_Exercise input_
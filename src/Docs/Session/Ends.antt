-- ===== src/Docs/Session/Ends.antt =====
-- Timeouts end a search, and what is told then.
use oauth.Prelude.{
  ℕ, zero, suc, ◌+◌, ◌*◌, ◌≤◌, ◌≡◌, refl, sym, ap, ◌∙◌, ◌⊎◌, inl, inr, List, [], ◌∷◌, ◌++◌, Bool,
  true, Option, none, some, Bytes, All, length, arith,
}
use mathlib.Core.Path.{subst}
use mathlib.Core.Option.{some-injective}
use oauth.Docs.Search.{Entry, partial_search, results_text}
use oauth.Docs.Search.Batches.{Judged, Advance, partial_search-Advance}
use oauth.Docs.Session.{
  Session, visible_count, search_done, settle_batch, run_batch, begin_search, perform_search,
  update_search_results, expire, run_timeout,
}

module _ (regexp_test : Bytes → Bool → Bytes → Bool)
    (regexp_strong : Bytes → Bool → Bytes → Bytes) where
  unfoldable pub run_timeouts : ℕ → Session → Session
  run_timeouts zero s = s
  run_timeouts (suc n) s = run_timeouts n (run_timeout regexp_test regexp_strong s)

  -- No timeout is pending, and the number of visible LIs has been told.
  abbrev pub Told : ℕ → Session → Type 0
  Told count s = (s.timeout ≡ none) × (s.results ≡ results_text count) × (s.results_shown ≡ true)

  run_timeout-idle : (s : Session) → s.timeout ≡ none → run_timeout regexp_test regexp_strong s ≡ s
  unfolding run_timeout expire
  run_timeout-idle s e = ap (λ t. expire regexp_test regexp_strong t s) e

  run_timeout-pending :
      (s : Session) (text : Bytes) (offset : ℕ)
      → s.timeout ≡ some (text, offset)
      → run_timeout regexp_test regexp_strong s
        ≡ run_batch regexp_test regexp_strong text offset (record s { timeout = none })
  unfolding run_timeout expire
  run_timeout-pending s text offset e = ap (λ t. expire regexp_test regexp_strong t s) e

  idle_timeouts : (n : ℕ) (s : Session) → s.timeout ≡ none → run_timeouts n s ≡ s
  unfolding run_timeouts
  idle_timeouts zero s e = refl
  idle_timeouts (suc n) s e = ap (run_timeouts n) (run_timeout-idle s e) ∙ idle_timeouts n s e

  -- What stands between two batches.
  abbrev Rest : Bytes → ℕ → ℕ → Session → Type 0
  Rest text left count s =
      (offset : ℕ) × (s.timeout ≡ some (text, offset))
      × (visible_count s.lis ≡ count)
      × ((seen : List Entry) × (rest : List Entry) × (s.cache ≡ seen ++ rest)
          × (offset ≡ length seen)
          × All (Judged regexp_test regexp_strong text) seen
          × (50 + length rest ≡ left))

  settle-ends :
      (text : Bytes) (left : ℕ) (s : Session) (out : List Entry × Option ℕ)
      → Advance regexp_test regexp_strong text s.cache left out
      → Told (visible_count s.lis) (settle_batch text s out)
        ⊎ Rest text left (visible_count s.lis) (settle_batch text s out)
  unfolding settle_batch search_done
  settle-ends text left s (cache, none) (inl last) = inl (refl, refl, refl)
  settle-ends text left s (cache, some next) (inl (last, judged, kept)) = cc
  settle-ends text left s (cache, none) (inr (seen, rest, e, judged, fewer, kept)) = cc
  settle-ends text left s (cache, some next) (inr (seen, rest, e, judged, fewer, kept)) = inr (
    next,
    refl,
    refl,
    (
      seen,
      rest,
      ap (λ p. p.0) e,
      some-injective next (length seen) (ap (λ p. p.1) e),
      judged,
      fewer,
    ),
  )

  batch-ends :
      (text : Bytes) (s : Session) (seen rest : List Entry)
      → s.cache ≡ seen ++ rest
      → All (Judged regexp_test regexp_strong text) seen
      → Told (visible_count s.lis) (run_batch regexp_test regexp_strong text (length seen) s)
        ⊎ Rest text
            (length rest)
            (visible_count s.lis)
            (run_batch regexp_test regexp_strong text (length seen) s)
  unfolding run_batch
  batch-ends text s seen rest e judged = settle-ends text (length rest) s _ (
      subst
        (λ cache.
          Advance regexp_test regexp_strong text cache (length rest)
            (partial_search regexp_test regexp_strong text cache (length seen)))
        (sym e) (partial_search-Advance regexp_test regexp_strong text seen rest judged))

  timeouts-Told :
      (n : ℕ) (text : Bytes) (left count : ℕ) (s : Session)
      → Told count s ⊎ Rest text left count s
      → left ≤ n * 50
      → Told count (run_timeouts n s)
  unfolding run_timeouts
  timeouts-Told n text left count s (inl told) enough =
      subst (Told count) (sym (idle_timeouts n s told.0)) told
  timeouts-Told zero text left count s (inr (offset, pending, counted, more)) enough =
      absurd (omega arith)
  timeouts-Told (suc n) text left count s
        (inr (offset, pending, counted, (seen, rest, split, at_seen, judged, fewer))) enough =
      let idle = record s { timeout = none } in
      let last = batch-ends text idle seen rest split judged in
      let next = run_batch regexp_test regexp_strong text (length seen) idle in
      let same : run_timeout regexp_test regexp_strong s ≡ next =
        run_timeout-pending s text offset pending
        ∙ ap (λ k. run_batch regexp_test regexp_strong text k idle) at_seen in
      subst (λ t. Told count (run_timeouts n t)) (sym same)
        (subst (λ k. Told k (run_timeouts n next)) counted
          (timeouts-Told n text (length rest) (visible_count s.lis) next last (omega arith)))

  -- A search ends: after a change of the input, one timeout for every fifty items is enough, and no
  -- timeout is pending then. The number of results that is told is that of the LIs that no collapsed
  -- one hides, whatever the search string finds.
  pub update_search_results-Told :
      (n c : ℕ) (text : Bytes) (s : Session)
      → length s.cache ≤ n * 50
      → Told
          (visible_count s.lis)
          (run_timeouts n (update_search_results regexp_test regexp_strong (c ∷ text) s))
  unfolding update_search_results perform_search begin_search
  update_search_results-Told n c text s enough =
      let begun = begin_search regexp_test regexp_strong s in
      timeouts-Told n (c ∷ text) (length s.cache) (visible_count s.lis)
        (run_batch regexp_test regexp_strong (c ∷ text) 0 begun)
        (batch-ends (c ∷ text) begun [] s.cache refl tt) enough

_Task directions_
Reproduce all of the material above word for word.

_Response to this exercise_
filename src/Docs/Session/Ends.antt
-- ===== src/Docs/Session/Ends.antt =====
-- Timeouts end a search, and what is told then.
use oauth.Prelude.{
  ℕ, zero, suc, ◌+◌, ◌*◌, ◌≤◌, ◌≡◌, refl, sym, ap, ◌∙◌, ◌⊎◌, inl, inr, List, [], ◌∷◌, ◌++◌, Bool,
  true, Option, none, some, Bytes, All, length, arith,
}
use mathlib.Core.Path.{subst}
use mathlib.Core.Option.{some-injective}
use oauth.Docs.Search.{Entry, partial_search, results_text}
use oauth.Docs.Search.Batches.{Judged, Advance, partial_search-Advance}
use oauth.Docs.Session.{
  Session, visible_count, search_done, settle_batch, run_batch, begin_search, perform_search,
  update_search_results, expire, run_timeout,
}

module _ (regexp_test : Bytes → Bool → Bytes → Bool)
    (regexp_strong : Bytes → Bool → Bytes → Bytes) where
  unfoldable pub run_timeouts : ℕ → Session → Session
  run_timeouts zero s = s
  run_timeouts (suc n) s = run_timeouts n (run_timeout regexp_test regexp_strong s)

  -- No timeout is pending, and the number of visible LIs has been told.
  abbrev pub Told : ℕ → Session → Type 0
  Told count s = (s.timeout ≡ none) × (s.results ≡ results_text count) × (s.results_shown ≡ true)

  run_timeout-idle : (s : Session) → s.timeout ≡ none → run_timeout regexp_test regexp_strong s ≡ s
  unfolding run_timeout expire
  run_timeout-idle s e = ap (λ t. expire regexp_test regexp_strong t s) e

  run_timeout-pending :
      (s : Session) (text : Bytes) (offset : ℕ)
      → s.timeout ≡ some (text, offset)
      → run_timeout regexp_test regexp_strong s
        ≡ run_batch regexp_test regexp_strong text offset (record s { timeout = none })
  unfolding run_timeout expire
  run_timeout-pending s text offset e = ap (λ t. expire regexp_test regexp_strong t s) e

  idle_timeouts : (n : ℕ) (s : Session) → s.timeout ≡ none → run_timeouts n s ≡ s
  unfolding run_timeouts
  idle_timeouts zero s e = refl
  idle_timeouts (suc n) s e = ap (run_timeouts n) (run_timeout-idle s e) ∙ idle_timeouts n s e

  -- What stands between two batches.
  abbrev Rest : Bytes → ℕ → ℕ → Session → Type 0
  Rest text left count s =
      (offset : ℕ) × (s.timeout ≡ some (text, offset))
      × (visible_count s.lis ≡ count)
      × ((seen : List Entry) × (rest : List Entry) × (s.cache ≡ seen ++ rest)
          × (offset ≡ length seen)
          × All (Judged regexp_test regexp_strong text) seen
          × (50 + length rest ≡ left))

  settle-ends :
      (text : Bytes) (left : ℕ) (s : Session) (out : List Entry × Option ℕ)
      → Advance regexp_test regexp_strong text s.cache left out
      → Told (visible_count s.lis) (settle_batch text s out)
        ⊎ Rest text left (visible_count s.lis) (settle_batch text s out)
  unfolding settle_batch search_done
  settle-ends text left s (cache, none) (inl last) = inl (refl, refl, refl)
  settle-ends text left s (cache, some next) (inl (last, judged, kept)) = cc
  settle-ends text left s (cache, none) (inr (seen, rest, e, judged, fewer, kept)) = cc
  settle-ends text left s (cache, some next) (inr (seen, rest, e, judged, fewer, kept)) = inr (
    next,
    refl,
    refl,
    (
      seen,
      rest,
      ap (λ p. p.0) e,
      some-injective next (length seen) (ap (λ p. p.1) e),
      judged,
      fewer,
    ),
  )

  batch-ends :
      (text : Bytes) (s : Session) (seen rest : List Entry)
      → s.cache ≡ seen ++ rest
      → All (Judged regexp_test regexp_strong text) seen
      → Told (visible_count s.lis) (run_batch regexp_test regexp_strong text (length seen) s)
        ⊎ Rest text
            (length rest)
            (visible_count s.lis)
            (run_batch regexp_test regexp_strong text (length seen) s)
  unfolding run_batch
  batch-ends text s seen rest e judged = settle-ends text (length rest) s _ (
      subst
        (λ cache.
          Advance regexp_test regexp_strong text cache (length rest)
            (partial_search regexp_test regexp_strong text cache (length seen)))
        (sym e) (partial_search-Advance regexp_test regexp_strong text seen rest judged))

  timeouts-Told :
      (n : ℕ) (text : Bytes) (left count : ℕ) (s : Session)
      → Told count s ⊎ Rest text left count s
      → left ≤ n * 50
      → Told count (run_timeouts n s)
  unfolding run_timeouts
  timeouts-Told n text left count s (inl told) enough =
      subst (Told count) (sym (idle_timeouts n s told.0)) told
  timeouts-Told zero text left count s (inr (offset, pending, counted, more)) enough =
      absurd (omega arith)
  timeouts-Told (suc n) text left count s
        (inr (offset, pending, counted, (seen, rest, split, at_seen, judged, fewer))) enough =
      let idle = record s { timeout = none } in
      let last = batch-ends text idle seen rest split judged in
      let next = run_batch regexp_test regexp_strong text (length seen) idle in
      let same : run_timeout regexp_test regexp_strong s ≡ next =
        run_timeout-pending s text offset pending
        ∙ ap (λ k. run_batch regexp_test regexp_strong text k idle) at_seen in
      subst (λ t. Told count (run_timeouts n t)) (sym same)
        (subst (λ k. Told k (run_timeouts n next)) counted
          (timeouts-Told n text (length rest) (visible_count s.lis) next last (omega arith)))

  -- A search ends: after a change of the input, one timeout for every fifty items is enough, and no
  -- timeout is pending then. The number of results that is told is that of the LIs that no collapsed
  -- one hides, whatever the search string finds.
  pub update_search_results-Told :
      (n c : ℕ) (text : Bytes) (s : Session)
      → length s.cache ≤ n * 50
      → Told
          (visible_count s.lis)
          (run_timeouts n (update_search_results regexp_test regexp_strong (c ∷ text) s))
  unfolding update_search_results perform_search begin_search
  update_search_results-Told n c text s enough =
      let begun = begin_search regexp_test regexp_strong s in
      timeouts-Told n (c ∷ text) (length s.cache) (visible_count s.lis)
        (run_batch regexp_test regexp_strong (c ∷ text) 0 begun)
        (batch-ends (c ∷ text) begun [] s.cache refl tt) enough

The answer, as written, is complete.